What needs to be done >> Only one stretch of the data below is wanted: the lines starting at the one with "name ls found" and ending at the one with "each head bytes zero", both included, given again exactly.

[Records excerpted from a collection]
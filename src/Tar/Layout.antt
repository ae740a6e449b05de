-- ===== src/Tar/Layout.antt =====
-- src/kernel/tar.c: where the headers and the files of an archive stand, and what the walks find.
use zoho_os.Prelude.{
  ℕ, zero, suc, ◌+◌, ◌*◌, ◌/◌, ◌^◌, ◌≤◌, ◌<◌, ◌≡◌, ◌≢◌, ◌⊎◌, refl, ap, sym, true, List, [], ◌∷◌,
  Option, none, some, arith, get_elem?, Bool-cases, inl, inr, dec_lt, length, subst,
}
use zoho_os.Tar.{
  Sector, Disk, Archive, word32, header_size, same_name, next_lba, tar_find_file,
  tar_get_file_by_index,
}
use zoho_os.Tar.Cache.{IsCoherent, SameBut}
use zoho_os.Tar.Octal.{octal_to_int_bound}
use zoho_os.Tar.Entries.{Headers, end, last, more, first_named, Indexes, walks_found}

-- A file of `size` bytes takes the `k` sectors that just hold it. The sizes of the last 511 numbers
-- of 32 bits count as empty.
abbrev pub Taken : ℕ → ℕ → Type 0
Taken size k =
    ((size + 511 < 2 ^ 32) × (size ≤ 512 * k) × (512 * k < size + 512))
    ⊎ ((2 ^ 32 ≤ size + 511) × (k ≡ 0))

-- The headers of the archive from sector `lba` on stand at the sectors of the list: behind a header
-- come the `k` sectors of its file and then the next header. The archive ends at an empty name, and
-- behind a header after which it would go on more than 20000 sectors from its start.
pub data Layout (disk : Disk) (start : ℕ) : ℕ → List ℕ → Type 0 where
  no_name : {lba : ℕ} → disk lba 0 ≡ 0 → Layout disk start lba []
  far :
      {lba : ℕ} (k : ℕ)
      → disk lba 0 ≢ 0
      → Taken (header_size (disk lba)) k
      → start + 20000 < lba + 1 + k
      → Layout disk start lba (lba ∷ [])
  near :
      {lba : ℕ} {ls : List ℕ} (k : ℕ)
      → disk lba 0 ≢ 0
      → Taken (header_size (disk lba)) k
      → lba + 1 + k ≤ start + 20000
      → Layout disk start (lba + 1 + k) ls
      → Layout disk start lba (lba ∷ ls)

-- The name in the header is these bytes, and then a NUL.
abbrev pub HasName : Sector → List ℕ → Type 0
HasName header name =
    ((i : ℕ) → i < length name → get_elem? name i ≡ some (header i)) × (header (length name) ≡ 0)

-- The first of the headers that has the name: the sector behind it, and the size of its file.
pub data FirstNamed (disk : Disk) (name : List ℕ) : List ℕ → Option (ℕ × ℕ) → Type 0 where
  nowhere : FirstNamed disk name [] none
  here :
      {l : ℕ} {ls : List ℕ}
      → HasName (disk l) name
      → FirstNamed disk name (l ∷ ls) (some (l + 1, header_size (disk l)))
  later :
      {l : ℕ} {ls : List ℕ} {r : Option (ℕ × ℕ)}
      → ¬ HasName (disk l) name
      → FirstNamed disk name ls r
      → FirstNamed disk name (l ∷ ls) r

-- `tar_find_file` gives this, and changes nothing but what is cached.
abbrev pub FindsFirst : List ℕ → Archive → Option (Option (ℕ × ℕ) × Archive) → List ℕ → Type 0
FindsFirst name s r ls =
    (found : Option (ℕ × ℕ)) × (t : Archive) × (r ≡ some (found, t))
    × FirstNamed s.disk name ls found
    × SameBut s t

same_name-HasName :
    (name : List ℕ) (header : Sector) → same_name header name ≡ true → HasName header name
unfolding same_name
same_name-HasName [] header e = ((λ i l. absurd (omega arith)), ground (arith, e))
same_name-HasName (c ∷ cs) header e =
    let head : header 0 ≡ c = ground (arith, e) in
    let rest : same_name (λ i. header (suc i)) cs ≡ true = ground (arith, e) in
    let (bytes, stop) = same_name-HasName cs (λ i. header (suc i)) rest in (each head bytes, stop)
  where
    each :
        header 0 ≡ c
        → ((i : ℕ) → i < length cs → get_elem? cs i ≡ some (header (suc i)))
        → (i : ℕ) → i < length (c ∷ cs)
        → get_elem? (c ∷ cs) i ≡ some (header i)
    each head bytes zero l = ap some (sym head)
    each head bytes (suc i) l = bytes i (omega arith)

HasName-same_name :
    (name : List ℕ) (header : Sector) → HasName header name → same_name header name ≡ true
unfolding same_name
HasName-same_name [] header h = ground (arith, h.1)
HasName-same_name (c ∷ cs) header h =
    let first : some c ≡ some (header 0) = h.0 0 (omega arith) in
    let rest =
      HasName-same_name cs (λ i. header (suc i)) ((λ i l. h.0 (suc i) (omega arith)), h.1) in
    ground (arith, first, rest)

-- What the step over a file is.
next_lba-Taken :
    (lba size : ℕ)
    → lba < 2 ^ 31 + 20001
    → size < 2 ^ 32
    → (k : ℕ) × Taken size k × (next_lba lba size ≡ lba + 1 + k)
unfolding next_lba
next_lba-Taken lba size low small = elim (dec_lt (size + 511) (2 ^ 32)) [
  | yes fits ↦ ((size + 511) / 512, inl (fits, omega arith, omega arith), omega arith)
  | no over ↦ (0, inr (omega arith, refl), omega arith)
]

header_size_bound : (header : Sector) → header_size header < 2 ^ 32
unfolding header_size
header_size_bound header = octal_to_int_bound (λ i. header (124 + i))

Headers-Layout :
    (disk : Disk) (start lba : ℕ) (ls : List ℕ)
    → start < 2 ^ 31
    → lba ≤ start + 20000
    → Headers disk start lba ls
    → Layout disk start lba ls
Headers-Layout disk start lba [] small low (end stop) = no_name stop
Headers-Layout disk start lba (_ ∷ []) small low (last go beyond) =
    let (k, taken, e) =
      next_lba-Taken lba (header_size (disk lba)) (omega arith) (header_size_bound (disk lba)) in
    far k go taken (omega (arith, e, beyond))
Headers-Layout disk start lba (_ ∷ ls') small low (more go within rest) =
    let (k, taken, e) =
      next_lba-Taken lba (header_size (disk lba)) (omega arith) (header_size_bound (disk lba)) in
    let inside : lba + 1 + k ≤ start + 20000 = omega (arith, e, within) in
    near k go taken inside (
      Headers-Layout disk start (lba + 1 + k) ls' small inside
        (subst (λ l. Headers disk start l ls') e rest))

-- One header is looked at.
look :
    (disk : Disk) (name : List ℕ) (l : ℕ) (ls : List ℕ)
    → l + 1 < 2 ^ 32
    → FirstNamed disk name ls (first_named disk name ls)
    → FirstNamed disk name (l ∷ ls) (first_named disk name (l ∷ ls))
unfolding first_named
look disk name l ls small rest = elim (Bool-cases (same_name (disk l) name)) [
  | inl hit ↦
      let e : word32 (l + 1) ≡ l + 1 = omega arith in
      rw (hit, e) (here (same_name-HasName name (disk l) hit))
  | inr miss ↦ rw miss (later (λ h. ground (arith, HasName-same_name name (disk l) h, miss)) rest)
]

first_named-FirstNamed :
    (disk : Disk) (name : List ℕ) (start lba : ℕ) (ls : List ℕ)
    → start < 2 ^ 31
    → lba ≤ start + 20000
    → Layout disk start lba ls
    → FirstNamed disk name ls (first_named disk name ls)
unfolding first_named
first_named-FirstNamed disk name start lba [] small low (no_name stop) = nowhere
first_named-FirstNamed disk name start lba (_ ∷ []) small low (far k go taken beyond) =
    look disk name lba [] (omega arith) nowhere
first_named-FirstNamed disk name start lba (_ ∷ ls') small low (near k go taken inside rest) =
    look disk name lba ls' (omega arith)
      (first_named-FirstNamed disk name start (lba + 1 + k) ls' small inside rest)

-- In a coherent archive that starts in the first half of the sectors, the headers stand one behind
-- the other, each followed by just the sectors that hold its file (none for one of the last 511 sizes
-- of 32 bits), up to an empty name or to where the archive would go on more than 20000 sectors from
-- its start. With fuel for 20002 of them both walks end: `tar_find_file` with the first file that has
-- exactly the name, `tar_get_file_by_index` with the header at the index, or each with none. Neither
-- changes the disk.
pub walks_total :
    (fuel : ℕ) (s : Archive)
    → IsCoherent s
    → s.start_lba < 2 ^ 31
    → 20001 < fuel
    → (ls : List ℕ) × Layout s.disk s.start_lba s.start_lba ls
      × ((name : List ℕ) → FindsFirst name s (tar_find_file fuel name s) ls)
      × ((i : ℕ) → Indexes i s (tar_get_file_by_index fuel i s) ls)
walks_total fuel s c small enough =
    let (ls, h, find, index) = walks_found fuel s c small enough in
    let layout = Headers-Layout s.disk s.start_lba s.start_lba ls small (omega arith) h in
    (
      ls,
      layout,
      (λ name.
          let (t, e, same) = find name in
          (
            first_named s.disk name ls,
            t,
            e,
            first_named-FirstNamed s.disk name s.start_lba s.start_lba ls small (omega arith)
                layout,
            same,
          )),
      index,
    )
==
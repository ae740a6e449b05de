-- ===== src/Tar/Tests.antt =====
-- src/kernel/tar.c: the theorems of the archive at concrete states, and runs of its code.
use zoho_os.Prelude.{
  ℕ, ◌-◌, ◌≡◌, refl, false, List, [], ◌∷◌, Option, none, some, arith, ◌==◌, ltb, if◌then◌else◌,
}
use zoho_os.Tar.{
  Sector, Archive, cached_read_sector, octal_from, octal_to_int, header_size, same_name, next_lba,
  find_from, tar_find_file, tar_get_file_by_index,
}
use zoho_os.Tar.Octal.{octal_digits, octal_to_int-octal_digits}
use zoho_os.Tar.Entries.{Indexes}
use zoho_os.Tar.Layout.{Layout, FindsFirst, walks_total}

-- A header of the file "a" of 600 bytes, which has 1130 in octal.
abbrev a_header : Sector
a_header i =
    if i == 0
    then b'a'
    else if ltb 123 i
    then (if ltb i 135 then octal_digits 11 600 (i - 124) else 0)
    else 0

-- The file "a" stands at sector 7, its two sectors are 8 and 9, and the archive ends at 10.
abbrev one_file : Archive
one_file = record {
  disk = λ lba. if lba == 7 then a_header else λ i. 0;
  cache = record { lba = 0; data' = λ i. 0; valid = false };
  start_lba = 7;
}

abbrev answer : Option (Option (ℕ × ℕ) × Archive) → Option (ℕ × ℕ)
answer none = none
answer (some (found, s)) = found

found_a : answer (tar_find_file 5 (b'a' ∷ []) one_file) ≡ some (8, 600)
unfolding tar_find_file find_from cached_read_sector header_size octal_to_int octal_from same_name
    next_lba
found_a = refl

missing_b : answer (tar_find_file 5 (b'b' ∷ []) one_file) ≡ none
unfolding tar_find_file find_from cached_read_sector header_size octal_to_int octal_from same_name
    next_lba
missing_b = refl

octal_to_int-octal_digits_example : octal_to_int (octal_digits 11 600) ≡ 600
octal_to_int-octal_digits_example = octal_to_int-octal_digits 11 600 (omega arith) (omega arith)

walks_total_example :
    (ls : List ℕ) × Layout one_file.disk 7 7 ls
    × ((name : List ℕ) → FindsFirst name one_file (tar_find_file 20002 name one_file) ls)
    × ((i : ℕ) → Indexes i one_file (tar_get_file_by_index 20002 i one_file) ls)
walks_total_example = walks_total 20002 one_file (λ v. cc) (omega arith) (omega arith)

Your solution >>
    × FirstNamed s.disk name ls found
    × SameBut s t

same_name-HasName :
    (name : List ℕ) (header : Sector) → same_name header name ≡ true → HasName header name
unfolding same_name
same_name-HasName [] header e = ((λ i l. absurd (omega arith)), ground (arith, e))
same_name-HasName (c ∷ cs) header e =
    let head : header 0 ≡ c = ground (arith, e) in
    let rest : same_name (λ i. header (suc i)) cs ≡ true = ground (arith, e) in
    let (bytes, stop) = same_name-HasName cs (λ i. header (suc i)) rest in (each head bytes, stop)
  where
    each :
        header 0 ≡ c
        → ((i : ℕ) → i < length cs → get_elem? cs i ≡ some (header (suc i)))
        → (i : ℕ) → i < length (c ∷ cs)
        → get_elem? (c ∷ cs) i ≡ some (header i)
    each head bytes zero l = ap some (sym head)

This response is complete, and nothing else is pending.